THE DATA:
Start of Block

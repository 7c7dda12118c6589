-- ===== src/Translation/Finalise/Execute.antt =====
-- What `Finalise` returns is executed to its end.
use mathlib.Core.List.{map}
use mathlib.Core.Path.{subst}
use reil.Base.{
  ℕ, suc, ◌≤◌, ◌<◌, ◌≡◌, refl, sym, ap, ◌∙◌, arith, inl, inr, Option-cases, List, [], ◌∷◌, length,
  Run, ok, fault, Returns,
}
use reil.Instruction.{Instruction, NativeInstruction}
use reil.Interpreter.{State}
use reil.Interpreter.Forward.{IsForward, Ends, execute-Ends}
use reil.Translation.{Translation}
use reil.Translation.Finalise.{placed_label, finalise}
use reil.Translation.Finalise.Forward.{IsOrdered}
use reil.Translation.Finalise.Whole.{finalise-IsForward}
use reil.Translation.Finalise.Reference.{IsSpaced, kept, finalised}
use reil.Translation.Finalise.Reference.Loop.{finalise-finalised}

result : Run (List Instruction) → List Instruction
result (ok r) = r
result (fault e) = []

length-kept : (l : List Instruction) → length (kept l) ≤ length l
unfolding kept
length-kept [] = omega arith
length-kept (ri ∷ []) = omega arith
length-kept (ri ∷ next ∷ rest) =
    let behind = length-kept (next ∷ rest) in
    elim (Option-cases (placed_label ri)) [
      | inl plain ↦ rw (plain, kept) (omega arith)
      | inr (l, mark) ↦ rw (mark, kept) (omega arith)
    ]

length-map : (f : Instruction → Instruction) (l : List Instruction) → length (map f l) ≡ length l
length-map f [] = refl
length-map f (ri ∷ l) = ap suc (length-map f l)

length-finalised : (l : List Instruction) → length (finalised l) ≤ length l
length-finalised l = omega (arith, length-kept l, length-map _ (kept l))

-- For a translation of fewer than 0xffff instructions, none of which has an offset for its output,
-- in which no label is placed right behind another, and none is jumped to from where it is placed
-- on: `Finalise` ends and returns the instructions with their jumps linked, and the interpreter
-- executes these to their end, `Ends`, with more fuel than the translation has instructions.
pub finalise-Ends :
    (t : Translation) (fuel : ℕ) (s : State) (ni : NativeInstruction)
    → IsSpaced t.translation
    → IsOrdered t.translation
    → length t.translation < 0xffff
    → length t.translation < fuel
    → Returns
        (finalise t)
        (λ r. (r ≡ finalised t.translation) × Ends fuel s (record ni { reil = r }))
unfolding result
finalise-Ends t fuel s ni spaced ordered short enough =
    let all = finalised t.translation in
    let ran = finalise-finalised t spaced in
    let (r, returned, forward) = finalise-IsForward t ordered (omega arith) in
    let same : r ≡ all = ap result (sym returned ∙ ran) in
    let shorter = length-finalised t.translation in
    (
      all,
      ran,
      (
        refl,
        execute-Ends fuel s (record ni { reil = all }) (subst (IsForward 0) same forward)
            (omega arith) (omega arith),
      ),
    )
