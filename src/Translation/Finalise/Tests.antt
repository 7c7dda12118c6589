-- ===== src/Translation/Finalise/Tests.antt =====
-- Labels in a translation of three instructions, and two labels one behind the other.
use reil.Base.{◌≡◌, refl, List, [], ◌∷◌, ok, arith, Returns, inl, inr, none}
use reil.Instruction.{Instruction, NativeInstruction, Operand, offset, label}
use reil.Instruction.Build
use reil.Interpreter.Forward.{Ends}
use reil.Translation.{Translation, constant}
use reil.Translation.Finalise.{finalise}
use reil.Translation.Finalise.Forward.{IsOrdered}
use reil.Translation.Finalise.Reference.{IsSpaced, place_from, link, kept, finalised}
use reil.Translation.Finalise.Reference.Loop.{finalise-finalised}
use reil.Translation.Finalise.Execute.{finalise-Ends}
use reil.Interpreter.{State}

abbrev jump_to : Operand → Instruction
jump_to target = Build.jcc (constant 8 1) target

abbrev made : List Instruction → Translation
made instructions = record { flags = 0; tmp_index = 0; label_index = 2; translation = instructions }

abbrev skipping : Translation
skipping = made (jump_to (label 0) ∷ Build.unkn ∷ Build.nop_with (label 0) ∷ Build.nop ∷ [])

skips : finalise skipping ≡ ok (jump_to (offset 2) ∷ Build.unkn ∷ Build.nop ∷ [])
unfolding finalise Build.unkn reil.Translation.Finalise.finalise_from
    reil.Translation.Finalise.place reil.Translation.Finalise.erase_at
    reil.Translation.Finalise.resolve reil.Translation.Finalise.resolve_one Build.jcc Build.nop_with
    Build.nop
skips = refl

-- The second of two adjacent labels is passed over, and the jump to it keeps its label.
misses_adjacent :
    finalise (
      made (
        jump_to (label 0)
        ∷ jump_to (label 1)
        ∷ Build.nop_with (label 0)
        ∷ Build.nop_with (label 1)
        ∷ Build.nop
        ∷ []))
    ≡ ok (jump_to (offset 2) ∷ jump_to (label 1) ∷ Build.nop_with (label 1) ∷ Build.nop ∷ [])
unfolding finalise reil.Translation.Finalise.finalise_from reil.Translation.Finalise.place
    reil.Translation.Finalise.erase_at reil.Translation.Finalise.resolve
    reil.Translation.Finalise.resolve_one Build.jcc Build.nop_with Build.nop
misses_adjacent = refl

skipping-IsOrdered : IsOrdered skipping.translation
unfolding Build.jcc Build.unkn Build.nop_with Build.nop
skipping-IsOrdered = (tt, tt, (tt, tt, (tt, (refl, (refl, tt)), (tt, tt, tt))))

skipping-IsSpaced : IsSpaced skipping.translation
unfolding Build.jcc Build.unkn Build.nop_with Build.nop
skipping-IsSpaced = (inl refl, (inl refl, (inr refl, (inl refl, tt))))

finalise-finalised_example :
    finalise skipping
    ≡ ok (finalised (jump_to (label 0) ∷ Build.unkn ∷ Build.nop_with (label 0) ∷ Build.nop ∷ []))
finalise-finalised_example = finalise-finalised skipping skipping-IsSpaced

-- The reference at the example.
finalised_skipping :
    finalised skipping.translation ≡ jump_to (offset 2) ∷ Build.unkn ∷ Build.nop ∷ []
unfolding place_from link kept Build.unkn Build.jcc Build.nop_with Build.nop
finalised_skipping = refl

abbrev nowhere : State
nowhere = record {
  instructions = [];
  offset = 0;
  pc = 0;
  memory = λ _. 0;
  registers = λ _. none;
  temporaries = λ _. none;
}

abbrev native : NativeInstruction
native = record { address = 4096; size = 4; mnemonic = "skip"; reil = [] }

finalise-Ends_example :
    Returns
      (finalise skipping)
      (λ r. (r ≡ finalised skipping.translation) × Ends 5 nowhere (record native { reil = r }))
finalise-Ends_example =
    finalise-Ends skipping 5 nowhere native skipping-IsSpaced skipping-IsOrdered (omega arith)
      (omega arith)
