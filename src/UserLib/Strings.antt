-- ===== src/UserLib/Strings.antt =====
-- `strlen` and `puts` on a string (libc/string.c, libc/stdio.h).
use mathlib.Core.Path.{subst}
use another_os.Base.{
  ℕ, zero, suc, ◌+◌, ◌-◌, ◌≡◌, ◌≢◌, ◌∙◌, inl, inr, refl, ap, arith, List, [], ◌∷◌, length, All,
  ◌==◌, ==_false, ==_iff, Bool-cases, Run, ok, halt, undefined, out_of_fuel, ◌>>=◌, ◌<◌, ◌≤◌,
}
use another_os.Console.Format.{c_string}
use another_os.Console.Numbers.{Bytes}
use another_os.UserLib.{strlen_from, strlen, bytes_at, memory_of, Program, write, puts}

-- The bytes from `s` on are those of `cs`, none of them NUL, and a NUL.
abbrev pub Holds : Bytes → ℕ → List ℕ → Type 0
Holds b s [] = b s ≡ 0
Holds b s (c ∷ cs) = (b s ≡ c) × (c ≢ 0) × Holds b (suc s) cs

bytes_at-Holds : (cs : List ℕ) (s : ℕ) (b : Bytes) → Holds b s cs → bytes_at (length cs) s b ≡ cs
unfolding bytes_at
bytes_at-Holds [] s b h = refl
bytes_at-Holds (c ∷ cs) s b h = rw (h.0, bytes_at-Holds cs (suc s) b h.2) refl

strlen_from-Holds :
    (cs : List ℕ) (fuel s start : ℕ) (b : Bytes)
    → Holds b s cs
    → length cs < fuel
    → start ≤ s
    → strlen_from fuel b start s ≡ ok (s - start + length cs)
unfolding strlen_from
strlen_from-Holds cs zero s start b h enough below = absurd (omega arith)
strlen_from-Holds [] (suc fuel) s start b h enough below = rw h (ap (λ n. ok n) (omega arith))
strlen_from-Holds (c ∷ cs) (suc fuel) s start b h enough below =
    rw
      (
        h.0,
        ==_false c 0 h.1,
        strlen_from-Holds cs fuel (suc s) start b h.2 (omega arith) (omega arith),
      )
      (ap (λ n. ok n) (omega arith))

-- `strlen` of a string returns with its length, with any fuel above it.
pub strlen-length :
    (cs : List ℕ) (fuel start : ℕ) (b : Bytes)
    → Holds b start cs
    → length cs < fuel
    → strlen fuel b start ≡ ok (length cs)
unfolding strlen
strlen-length cs fuel start b h enough =
    strlen_from-Holds cs fuel start start b h enough (omega arith) ∙ ap (λ n. ok n) (omega arith)

-- `puts` of a string writes its bytes in one call.
pub puts-Holds :
    (cs : List ℕ) (fuel : ℕ) (b : Bytes) (u : Program)
    → Holds b 0 cs
    → length cs < fuel
    → puts fuel b u ≡ ok (write 1 cs (length cs) u)
unfolding puts
puts-Holds cs fuel b u h enough =
    rw (strlen-length cs fuel 0 b h enough, bytes_at-Holds cs 0 b h) refl

memory_of-from :
    (cs : List ℕ) (s : ℕ) (b : Bytes)
    → All (λ c. c ≢ 0) cs
    → ((i : ℕ) → b (i + s) ≡ memory_of cs i)
    → Holds b s cs
unfolding memory_of
memory_of-from [] s b set same = ap b (omega arith) ∙ same 0
memory_of-from (c ∷ cs) s b set same = (
  ap b (omega arith) ∙ same 0,
  set.0,
  memory_of-from cs (suc s) b set.1 (λ i. ap b (omega arith) ∙ same (suc i)),
)

-- A string without a NUL, as memory.
pub memory_of-Holds : (cs : List ℕ) → All (λ c. c ≢ 0) cs → Holds (memory_of cs) 0 cs
memory_of-Holds cs set =
    memory_of-from cs 0 (memory_of cs) set (λ i. ap (memory_of cs) (omega arith))

abbrev Reading : Bytes → ℕ → ℕ → Run (List ℕ) → Type 0
Reading b s fuel (ok cs) = Holds b s cs × (length cs < fuel)
Reading b s fuel halt = Unit
Reading b s fuel undefined = Unit
Reading b s fuel out_of_fuel = Unit

Reading-more :
    (b : Bytes) (s fuel : ℕ) (r : Run (List ℕ))
    → b s ≢ 0
    → Reading b (suc s) fuel r
    → Reading b s (suc fuel) (r >>= λ cs. ok (b s ∷ cs))
Reading-more b s fuel (ok cs) set (h, enough) = ((refl, set, h), omega arith)
Reading-more b s fuel halt set h = tt
Reading-more b s fuel undefined set h = tt
Reading-more b s fuel out_of_fuel set h = tt

c_string-Reading : (fuel s : ℕ) (b : Bytes) → Reading b s fuel (c_string fuel b s)
unfolding c_string
c_string-Reading zero s b = tt
c_string-Reading (suc fuel) s b = elim (Bool-cases (b s == 0)) [
  | inl end ↦ rw (end, Reading) ((==_iff (b s) 0).0 end, omega arith)
  | inr more ↦
      rw (more, Reading)
        (Reading-more b s fuel (c_string fuel b (suc s)) (ground (arith, more))
          (c_string-Reading fuel (suc s) b))
]

-- What the console reads as a string is one.
pub c_string-Holds :
    (cs : List ℕ) (fuel s : ℕ) (b : Bytes)
    → c_string fuel b s ≡ ok cs
    → Holds b s cs × (length cs < fuel)
c_string-Holds cs fuel s b h = subst (Reading b s fuel) h (c_string-Reading fuel s b)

End of Block

WHAT TO PRODUCE:
Using the records above, restate word for word the lines from the one with "length-map f (ri" through the one with "-- For a translation", both included.

EXERCISE RESULT:
length-map f (ri ∷ l) = ap suc (length-map f l)

length-finalised : (l : List Instruction) → length (finalised l) ≤ length l
length-finalised l = omega (arith, length-kept l, length-map _ (kept l))

-- For a translation of fewer than 0xffff instructions, none of which has an offset for its output,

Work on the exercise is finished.